Logical; if TRUE, only nodes actually sampled by a user-level sampler are considered.

auto_configure

Logical; if TRUE, the function will configure a baseline MCMC when mcmc_conf is missing.

rhat_threshold

Numeric scalar kept for API symmetry (not used in the ranking).

ess_per_s_min

Numeric scalar. Optional CE threshold (ESS per second) used to flag families below this value. Use 0 to deactivate.

Value

A list or data.frame describing bottleneck families and their structural and computational load.

A list with components:

type

Character string, either "ok" or "degenerate_only".

details

List with components ce, ae, time, and degenerate summarising the diagnostics.

per_family

Data frame (or tibble) of metrics by family.

summary

Single-row data frame (or tibble) with global summaries across families.

top3

Data frame containing the three worst families according to the main ranking criterion.

Details

Group parameters into families and rank them by median efficiency metrics.
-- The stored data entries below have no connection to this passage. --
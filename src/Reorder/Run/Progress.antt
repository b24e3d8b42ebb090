-- ===== src/Reorder/Run/Progress.antt =====
-- The deadline timer: while a packet waits, a pending timer stands for exactly the head of the
-- heap, and its callback moves the buffer past that head.
use native.Mathlib.Nat.{mod-eq_of_lt}
use bondify.Common.{
  ℕ, zero, suc, ◌+◌, ◌<◌, ◌≤◌, ◌≡◌, ◌≢◌, refl, subst, sym, ◌∙◌, ◌⊎◌, inl, inr, Bool, true, false,
  ◌&&◌, not, Option, none, some, List, [], ◌∷◌, arith, ltb, ◌==◌, length, if_intro, Bool-cases,
}
use bondify.Common.Assoc.{contains}
use bondify.Common.Int.{ℤ}
use bondify.Reorder.Heap.{Packet, key}
use bondify.Reorder.Heap.Array.{count}
use bondify.Reorder.Heap.Down.{pop-Popped}
use bondify.Reorder.{
  Buffer, Timer, new_from, set_deadline, without_head, drain_head, drain_loop, drain_locked,
  force_release_head_locked, rearm_timer_locked, enqueue, relieve, push, on_deadline, is_started,
}
use bondify.Reorder.Invariant.{
  Inv, drain_head-Inv, force-Inv, drain-Good, head_present, head_least, other_fields-Inv,
}
use bondify.Reorder.Run.{
  Event, arrives, expires, late, takes, retunes, System, expire, take_out, step, run, InRange,
}
use bondify.Reorder.Run.Order.{Sound, fresh, fresh-Sound, step-Sound, InRange-head}

-- Is `t` a timer that is pending for `g`?
abbrev pub waits_for : Option Timer → ℕ → Bool
waits_for none g = false
waits_for (some t) g = t.pending && (t.head == g)

abbrev pub is_pending : Option Timer → Bool
is_pending none = false
is_pending (some t) = t.pending

-- A set head has its timer.
abbrev Covered : Buffer → Type 0
Covered b = b.head_set ≡ true → waits_for b.timer b.head_gsn ≡ true

-- The timer is pending for the head if there is one, and not pending otherwise.
record Armed (b : Buffer) : Type 0 where
  covered : Covered b
  busy : 0 < length b.h → (b.head_set ≡ true) × (b.head_gsn ≡ key b.h 0)
  idle : length b.h ≡ 0 → (b.head_set ≡ false) × (is_pending b.timer ≡ false)

-- The fields that only rearmTimerLocked writes.
abbrev SameTimer : Buffer → Buffer → Type 0
SameTimer b c = (c.head_set ≡ b.head_set) × (c.head_gsn ≡ b.head_gsn) × (c.timer ≡ b.timer)

drain_loop-SameTimer : (fuel : ℕ) (b : Buffer) → SameTimer b (drain_loop fuel b)
unfolding drain_loop drain_head without_head
drain_loop-SameTimer zero b = (refl, refl, refl)
drain_loop-SameTimer (suc fuel) b =
    if_intro (SameTimer b) (ltb 0 (length b.h) && (key b.h 0 == b.next_expected))
      (λ e. drain_loop-SameTimer fuel (drain_head b)) λ e. (refl, refl, refl)

drain-SameTimer : (b : Buffer) → SameTimer b (drain_locked b)
unfolding drain_locked
drain-SameTimer b = drain_loop-SameTimer (length b.h) b

force-SameTimer : (b : Buffer) → SameTimer b (force_release_head_locked b)
unfolding force_release_head_locked without_head
force-SameTimer b = ground arith

relieve-SameTimer : (b : Buffer) → SameTimer b (relieve b)
unfolding relieve
relieve-SameTimer b =
    let f = force_release_head_locked b in ground (arith, force-SameTimer b, drain-SameTimer f)

-- rearmTimerLocked arms the timer unless it finds a head that was set without one.
rearm-Armed :
    (b : Buffer)
    → Covered b ⊎ (0 < length b.h → key b.h 0 ≢ b.head_gsn)
    → Armed (rearm_timer_locked b)
unfolding rearm_timer_locked
rearm-Armed b ready = elim (Bool-cases (length b.h == 0)) [
  | inl e ↦
      rw (e, rearm_timer_locked)
        (record {
          covered = λ h. cc;
          busy = λ n. absurd (ground arith);
          idle = λ z. (refl, ground arith);
        })
  | inr e ↦ elim (Bool-cases (b.head_set && (key b.h 0 == b.head_gsn) && is_started b.timer)) [
    | inl f ↦
        rw (e, f, rearm_timer_locked)
          (record {
            covered = ground arith;
            busy = λ n. ground arith;
            idle = λ z. absurd (ground arith);
          })
    | inr f ↦
        rw (e, f, rearm_timer_locked)
          (record {
            covered = λ h. ground arith;
            busy = λ n. (refl, refl);
            idle = λ z. absurd (ground arith);
          })
  ]
]

Covered-SameTimer : (b c : Buffer) → SameTimer b c → Covered b → Covered c
Covered-SameTimer b c (s, g, t) v = λ h. rw (t, g) (v (sym s ∙ h))

push-Armed : (b : Buffer) (p : Packet) → Armed b → Armed (push b p)
unfolding push enqueue
push-Armed b p a =
    if_intro Armed p.push (λ e. record { covered = a.covered; busy = a.busy; idle = a.idle })
      λ e.
        if_intro Armed (ltb p.gsn b.next_expected) (λ f. a)
          λ f.
            if_intro Armed (contains b.in_heap p.gsn) (λ k. a)
              λ k.
                let d = drain_locked (enqueue b p) in
                rearm-Armed (relieve d) (
                  inl (
                    Covered-SameTimer d (relieve d) (relieve-SameTimer d) (
                      Covered-SameTimer (enqueue b p) d (drain-SameTimer (enqueue b p)) a.covered)))

-- A callback of a timer that is no longer the buffer's.
late-Armed : (b : Buffer) (head : ℕ) → Armed b → Armed (on_deadline b head)
unfolding on_deadline
late-Armed b head a =
    if_intro Armed (length b.h == 0) (λ e. a)
      λ e.
        if_intro Armed (not (key b.h 0 == head)) (λ f. a)
          λ f.
            let d = force_release_head_locked b in
            rearm-Armed (drain_locked d) (
              inl (
                Covered-SameTimer d (drain_locked d) (drain-SameTimer d)
                  (Covered-SameTimer b d (force-SameTimer b) a.covered)))

-- Releasing the head moves next_expected just past it.
next_expected-force :
    (b : Buffer)
    → Inv b
    → 0 < length b.h
    → (force_release_head_locked b).next_expected ≡ key b.h 0 + 1
unfolding force_release_head_locked without_head
next_expected-force b v n =
    let p = pop-Popped b.h v.order n in
    ground (arith, p.root, mod-eq_of_lt (v.fits (key b.h 0) (head_present b.h n)))

drain_loop-next :
    (fuel : ℕ) (b : Buffer) → Inv b → b.next_expected ≤ (drain_loop fuel b).next_expected
unfolding drain_loop
drain_loop-next zero b v = omega arith
drain_loop-next (suc fuel) b v =
    if_intro (λ (r : Buffer). b.next_expected ≤ r.next_expected)
      (ltb 0 (length b.h) && (key b.h 0 == b.next_expected))
      (λ e.
        let n : 0 < length b.h = ground arith in
        let k : key b.h 0 ≡ b.next_expected = ground arith in
        let rest = drain_loop-next fuel (drain_head b) (drain_head-Inv b v n k) in
        let fit = v.fits (key b.h 0) (head_present b.h n) in
        let here : (drain_head b).next_expected ≡ b.next_expected + 1 =
          unfold drain_head without_head in mod-eq_of_lt (omega arith) in
        omega arith)
      λ e. omega arith

-- What a matching callback does.
record Released (b c : Buffer) : Type 0 where
  armed : Armed c
  passed : key b.h 0 < c.next_expected

on_deadline-Released :
    (b : Buffer)
    → Inv b
    → 0 < length b.h
    → b.head_gsn ≡ key b.h 0
    → Released b (on_deadline b (key b.h 0))
unfolding on_deadline
on_deadline-Released b v n g =
    if_intro (Released b) (length b.h == 0) (λ e. absurd (ground arith))
      λ e.
        if_intro (Released b) (not (key b.h 0 == key b.h 0)) (λ f. absurd (ground arith))
          λ f.
            let d = force_release_head_locked b in
            let r = drain_locked d in
            let i = force-Inv b v in
            let low : key b.h 0 < r.next_expected =
              unfold drain_locked in
              omega (arith, next_expected-force b v n, drain_loop-next (length d.h) d i) in
            let good = drain-Good d i in
            let (s, hg, t) = drain-SameTimer d in
            let (s', hg', t') = force-SameTimer b in
            record {
              armed = rearm-Armed r (
                  inr (λ m e'.
                    let later = good.0.ahead (key r.h 0) (head_present r.h m) in omega arith));
              passed = unfold rearm_timer_locked in ground arith;
            }

-- The pending timer's callback: whatever head waits, it is released.
abbrev Fired : Buffer → Buffer → Type 0
Fired b c = Armed c × (0 < length b.h → key b.h 0 < c.next_expected)

expire-Fired :
    (b : Buffer) (t : Option Timer) → b.timer ≡ t → Inv b → Armed b → Fired b (expire t b)
unfolding expire
expire-Fired b none e v a =
    let uncovered : b.head_set ≡ true → waits_for none b.head_gsn ≡ true =
      λ h. subst (λ k. waits_for k b.head_gsn ≡ true) e (a.covered h) in
    (a, λ n. absurd (let w = uncovered (a.busy n).0 in ground arith))
expire-Fired b (some t) e v a =
    let stopped = record b { timer = some (record t { pending = false }) } in
    let w : b.head_set ≡ true → waits_for (some t) b.head_gsn ≡ true =
      λ h. subst (λ k. waits_for k b.head_gsn ≡ true) e (a.covered h) in
    let i : length b.h ≡ 0 → is_pending (some t) ≡ false =
      λ z. subst (λ k. is_pending k ≡ false) e (a.idle z).1 in
    elim (Bool-cases (length b.h == 0)) [
      | inl z ↦
          if_intro (Fired b) t.pending (λ p. absurd (let off = i (ground arith) in ground arith))
            λ p. (a, λ n. absurd (ground arith))
      | inr z ↦
          let n : 0 < length b.h = ground arith in
          let (s, g) = a.busy n in
          let armed = w s in
          let same : t.head ≡ key b.h 0 = ground arith in
          let v' : Inv stopped = other_fields-Inv b stopped v refl refl refl refl in
          let r = on_deadline-Released stopped v' n g in
          if_intro (Fired b) t.pending
            (λ p. subst (λ k. Fired b (on_deadline stopped k)) (sym same) (r.armed, λ m. r.passed))
            λ p. absurd (ground arith)
    ]

-- The invariant of a history that this file adds to Sound.
abbrev Live : System → Type 0
Live s = Sound s × Armed s.buffer

take_out-Armed : (out : List Packet) (s : System) → Armed s.buffer → Armed (take_out out s).buffer
unfolding take_out
take_out-Armed [] s a = a
take_out-Armed (p ∷ out) s a = record { covered = a.covered; busy = a.busy; idle = a.idle }

step-Armed : (s : System) (e : Event) → Live s → Armed (step s e).buffer
unfolding step
step-Armed s (arrives p) (v, a) = push-Armed s.buffer p a
step-Armed s expires (v, a) = (expire-Fired s.buffer s.buffer.timer refl v.0.0 a).0
step-Armed s (late h) (v, a) = late-Armed s.buffer h a
step-Armed s takes (v, a) = take_out-Armed s.buffer.out s a
step-Armed s (retunes d) (v, a) =
    unfold set_deadline in record { covered = a.covered; busy = a.busy; idle = a.idle }

run-Live : (s : System) (es : List Event) → InRange es → Live s → Live (run s es)
unfolding run
run-Live s [] r l = l
run-Live s (e ∷ es) r l =
    let (now, later) = InRange-head e es r in
    run-Live (step s e) es later (step-Sound s e now l.0, step-Armed s e l)

fresh-Armed : (start : ℕ) (deadline bytes : ℤ) → Armed (new_from start deadline bytes)
unfolding new_from
fresh-Armed start deadline bytes = record {
  covered = λ h. absurd (ground arith);
  busy = λ n. absurd (omega arith);
  idle = λ z. (refl, refl);
}

-- After any history (numbers below 2^64 - 1) that leaves packets waiting, a timer is pending for
-- the least waiting number, and when it fires the buffer moves on past that number.
pub head_is_released :
    (start : ℕ) (deadline bytes : ℤ) (es : List Event)
    → InRange es
    → let b = (run (fresh start deadline bytes) es).buffer in
      0 < length b.h
      → (waits_for b.timer (key b.h 0) ≡ true)
        × ((g : ℕ) → 0 < count g b.h → key b.h 0 ≤ g)
        × (key b.h 0 < (step (run (fresh start deadline bytes) es) expires).buffer.next_expected)
unfolding step
head_is_released start deadline bytes es r n =
    let s = fresh start deadline bytes in
    let (v, a) =
      run-Live s es r (fresh-Sound start deadline bytes, fresh-Armed start deadline bytes) in
    let b = (run s es).buffer in
    let (set, same) = a.busy n in
    (rw (sym same) (a.covered set), head_least b v.0.0, (expire-Fired b b.timer refl v.0.0 a).1 n)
For each family, the following median metrics are computed:

  • AE_med = median(AE) (low values are worse),

  • CE_med = median(CE) (low values are worse, CE is ESS per second),

  • ESS_med = median(ESS),

  • Rhat_med = median(Rhat, with na.rm = TRUE).

From these, the following diagnostics are derived:

  • slow_node_time = ess_threshold / CE_med (seconds needed to reach the target ESS; higher is worse),

  • meet_target = logical flag, TRUE when slow_node_time <= runtime_s.

Families with degenerate metrics (non-finite or non-positive ESS, AE, or CE) are reported in the degenerate component and excluded from the ranking.

When sampler_params is provided, only parameters whose names are included in sampler_params are used to form families (typically stochastic nodes that are actually sampled).